The tickets they are used to make wreaths and other figures, In addition to being used by children, who lie on the floor to play while having fun.
“If you put in a hundred, you win a hundred,” says a girl who coordinates Ajiley’s game, a very popular card game in Venezuela. to which the little ones gave a creative twist by exchanging the prizes with these useless tickets, which they store in a cardboard box in the shape of a guitar, with the back painted in the national colors.
The bolivar it has depreciated 72.54% so far in 2021 and this Friday six zeros are removed.
But in Puerto Concha, the national currency matters little or nothing. In recent years, they have become familiar with Colombian pesos, that they wear every day.
“Here the bolivar has already made history”, remarks Jonatan Morán, 32, a farm worker, from the counter of a warehouse full of Colombian products, cheaper than local products.
“I don’t even know the new bolivar that’s out, and I don’t want to know either. So that?”, he asks himself dryly, in dialogue with the AFP.
There are residents of the city who remember that before the conversion decreed by dictator Nicolás Maduro in 2018, the second of the Chavista era, many left with buckets full of tickets to do their shopping.
DOLLARIZATION
With this new monetary “reprocessing”, “Venezuela becomes the Latin American country that has eliminated the most zeros from its currency”, emphasizes economist José Manuel Puente, convinced that in a few months the cycle will repeat itself and that the new bolivar will again lag behind.
This instability has widened the use of the Colombian peso in border states, while the country is experiencing de facto dollarization, that although it contradicts the “anti-Yankee narrative” of Chavismo, Puente points out, it is seen as an “escape valve” in the face of an economy with eight years of recession and four of hyperinflation.

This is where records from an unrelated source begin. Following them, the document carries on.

-- ===== src/MinerFs/Examples.antt =====
-- The theorems at an update and a deletion of one folder.
use tracker_miners.Base.{◌≡◌, refl, true, false, Option, none, some, [], ◌∷◌}
use tracker_miners.Base.{List, is_some, arith, lookup, insert, remove_key}
use tracker_miners.Base.Int.{pos}
use tracker_miners.PriorityQueue.Groups.{add_to_groups}
use tracker_miners.MinerFs.Queue.{
  MinerFs, tracker_miner_fs_init, miner_fs_queue_event, add_event, assign_root_node,
  queue_event_free, delete_node,
}
use tracker_miners.MinerFs.Queue.Taking.{item_queue_get_next_file, notify_roots_finished}
use tracker_miners.MinerFs.Queue.Linked.{IsLinked}
use tracker_miners.MinerFs.Queue.Notified.{is_listed, times_listed}
use tracker_miners.MinerFs.Queue.Runs.{
  Call, queues, takes_next, step, run, take_all, run-init-IsLinked, run-init-notify,
  run-init-take_all,
}
use tracker_miners.Samples.{Location, location_ops, location_Eq}
use tracker_miners.MinerFs.{QueueEvent, event_updated, event_deleted, queue_event_coalesce, left_of}

abbrev folder : Location
folder = 1 ∷ []

abbrev updated : QueueEvent Location
updated = record {
  type = event_updated;
  attributes_update = true;
  is_dir = false;
  file = folder;
  dest_file = none;
}

abbrev deleted : QueueEvent Location
deleted = record {
  type = event_deleted;
  attributes_update = false;
  is_dir = true;
  file = folder;
  dest_file = none;
}

deleted_left : left_of (queue_event_coalesce false updated deleted) updated deleted ≡ deleted ∷ []
unfolding queue_event_coalesce
deleted_left = refl

-- the folder is its own root
abbrev rooted_at : Location → Option Location
rooted_at f = some folder

abbrev two_calls : List (Call Location)
two_calls = queues rooted_at false false (pos 0) updated ∷ takes_next ∷ []

-- the state behind them, in which the folder waits to be signalled
abbrev waiting : MinerFs Location
waiting = record {
  items = [];
  items_by_file = [];
  roots_to_notify = (folder, []) ∷ [];
  finished_roots = [];
  item_queues_handler = true;
  is_paused = false;
  high_water = false;
  next_link = 1;
}

two_calls-waiting : run two_calls tracker_miner_fs_init ≡ some waiting
unfolding run step miner_fs_queue_event add_event assign_root_node item_queue_get_next_file
    queue_event_free delete_node add_to_groups lookup insert remove_key
two_calls-waiting = refl

run-init-IsLinked_example :
    (fs : MinerFs Location) × (run two_calls tracker_miner_fs_init ≡ some fs) × IsLinked fs
run-init-IsLinked_example = run-init-IsLinked two_calls

run-init-notify_example :
    (times_listed folder (notify_roots_finished waiting).finished_roots ≡ 1)
    × (is_some (lookup folder (notify_roots_finished waiting).roots_to_notify) ≡ false)
unfolding lookup
run-init-notify_example = run-init-notify two_calls waiting folder two_calls-waiting

run-init-take_all_example :
    (gs : MinerFs Location) × (run (take_all 2) waiting ≡ some gs)
    × ((root : Location)
        → is_some (lookup root waiting.roots_to_notify) ≡ true
        → is_listed root gs.finished_roots ≡ true)
run-init-take_all_example = run-init-take_all two_calls waiting 2 two_calls-waiting (omega arith)
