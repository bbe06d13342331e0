-- ===== src/Mp3.antt =====
-- src/tracker-extract/tracker-extract-mp3.c: the ID3v2 tags at the start of a file, read from a buffer.
-- A buffer is the list of its bytes. A read outside of it, and a failed g_assert, are faults. Sizes and
-- positions in a buffer of less than 2 ^ 32 bytes do not wrap, and the parser is modelled on those;
-- the code maps 5 MB at most. What is read into the fields of a tag is not modelled: a parser's result
-- lists the frames that it hands over, with their contents.
pub mod Reads
pub mod Unsync
pub mod Tables
pub mod Tags
pub mod Safe
mod Examples
use tracker_miners.Base.{
  ℕ, zero, suc, ◌+◌, ◌*◌, ◌/◌, ◌%◌, Bool, true, false, Option, none, some, List, [], ◌∷◌, nat_eq,
  if◌then◌else◌, length, get_elem?,
}

-- `stuck` is no fault of the code: the fuel of a loop ran out.
pub data Fault : Type 0 where
  out_of_bounds assertion_failed stuck : Fault

pub data Outcome {ℓ} (A : Type ℓ) : Type ℓ where
  ok : A → Outcome A
  fault : Fault → Outcome A

infixl 5 ◌>>=◌
abbrev pub ◌>>=◌ {ℓ κ} : {A : Type ℓ} {B : Type κ} → Outcome A → (A → Outcome B) → Outcome B
ok a >>= f = f a
fault e >>= f = fault e

abbrev pub bit : ℕ → ℕ → Bool
bit weight b = nat_eq (b / weight % 2) 1

abbrev pub of_option : Option ℕ → Outcome ℕ
of_option none = fault out_of_bounds
of_option (some b) = ok b

unfoldable pub read : List ℕ → ℕ → Outcome ℕ
read buffer i = of_option (get_elem? buffer i)

-- The helpers that read a number: the parts have no bits in common, so that `|` adds them.
unfoldable pub extract_uint32 : List ℕ → ℕ → Outcome ℕ
unfolding read
extract_uint32 buffer p = do
  a ← read buffer p
  b ← read buffer (p + 1)
  c ← read buffer (p + 2)
  d ← read buffer (p + 3)
  ok (a * 16777216 + b * 65536 + c * 256 + d)

unfoldable pub extract_uint16 : List ℕ → ℕ → Outcome ℕ
unfolding read
extract_uint16 buffer p = do a ← read buffer p; b ← read buffer (p + 1); ok (a * 256 + b)

unfoldable pub extract_uint32_7bit : List ℕ → ℕ → Outcome ℕ
unfolding read
extract_uint32_7bit buffer p = do
  a ← read buffer p
  b ← read buffer (p + 1)
  c ← read buffer (p + 2)
  d ← read buffer (p + 3)
  ok (a % 128 * 2097152 + b % 128 * 16384 + c % 128 * 128 + d % 128)

unfoldable pub extract_uint32_3byte : List ℕ → ℕ → Outcome ℕ
unfolding read
extract_uint32_3byte buffer p = do
  a ← read buffer p
  b ← read buffer (p + 1)
  c ← read buffer (p + 2)
  ok (a * 65536 + b * 256 + c)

Being a neighboring region of Colombia, many tend to change dollars to pesos in Puerto Concha, as this makes it easier to shop at retail, which does not happen with the greenback, because informal dollarization limits the flow of low-denomination notes and complicates operations.
“At the moment, the peso is more beneficial than the bolivar, because the bolivar does not give us», Says María Martínez, a 38-year-old lottery saleswoman, who hides her face with a sweater to protect herself from the sun.
The use of the bolivar has been practically limited to transactions with debit cards, due to a chronic lack of cash, necessary for the main activities of the city: fishing, cattle ranching and plantain planting.
There are no figures on the amount of Colombian pesos circulating in the Venezuelan economy. Instead, private sector estimates consider that in the country transactions in dollars represent 70% of transactions.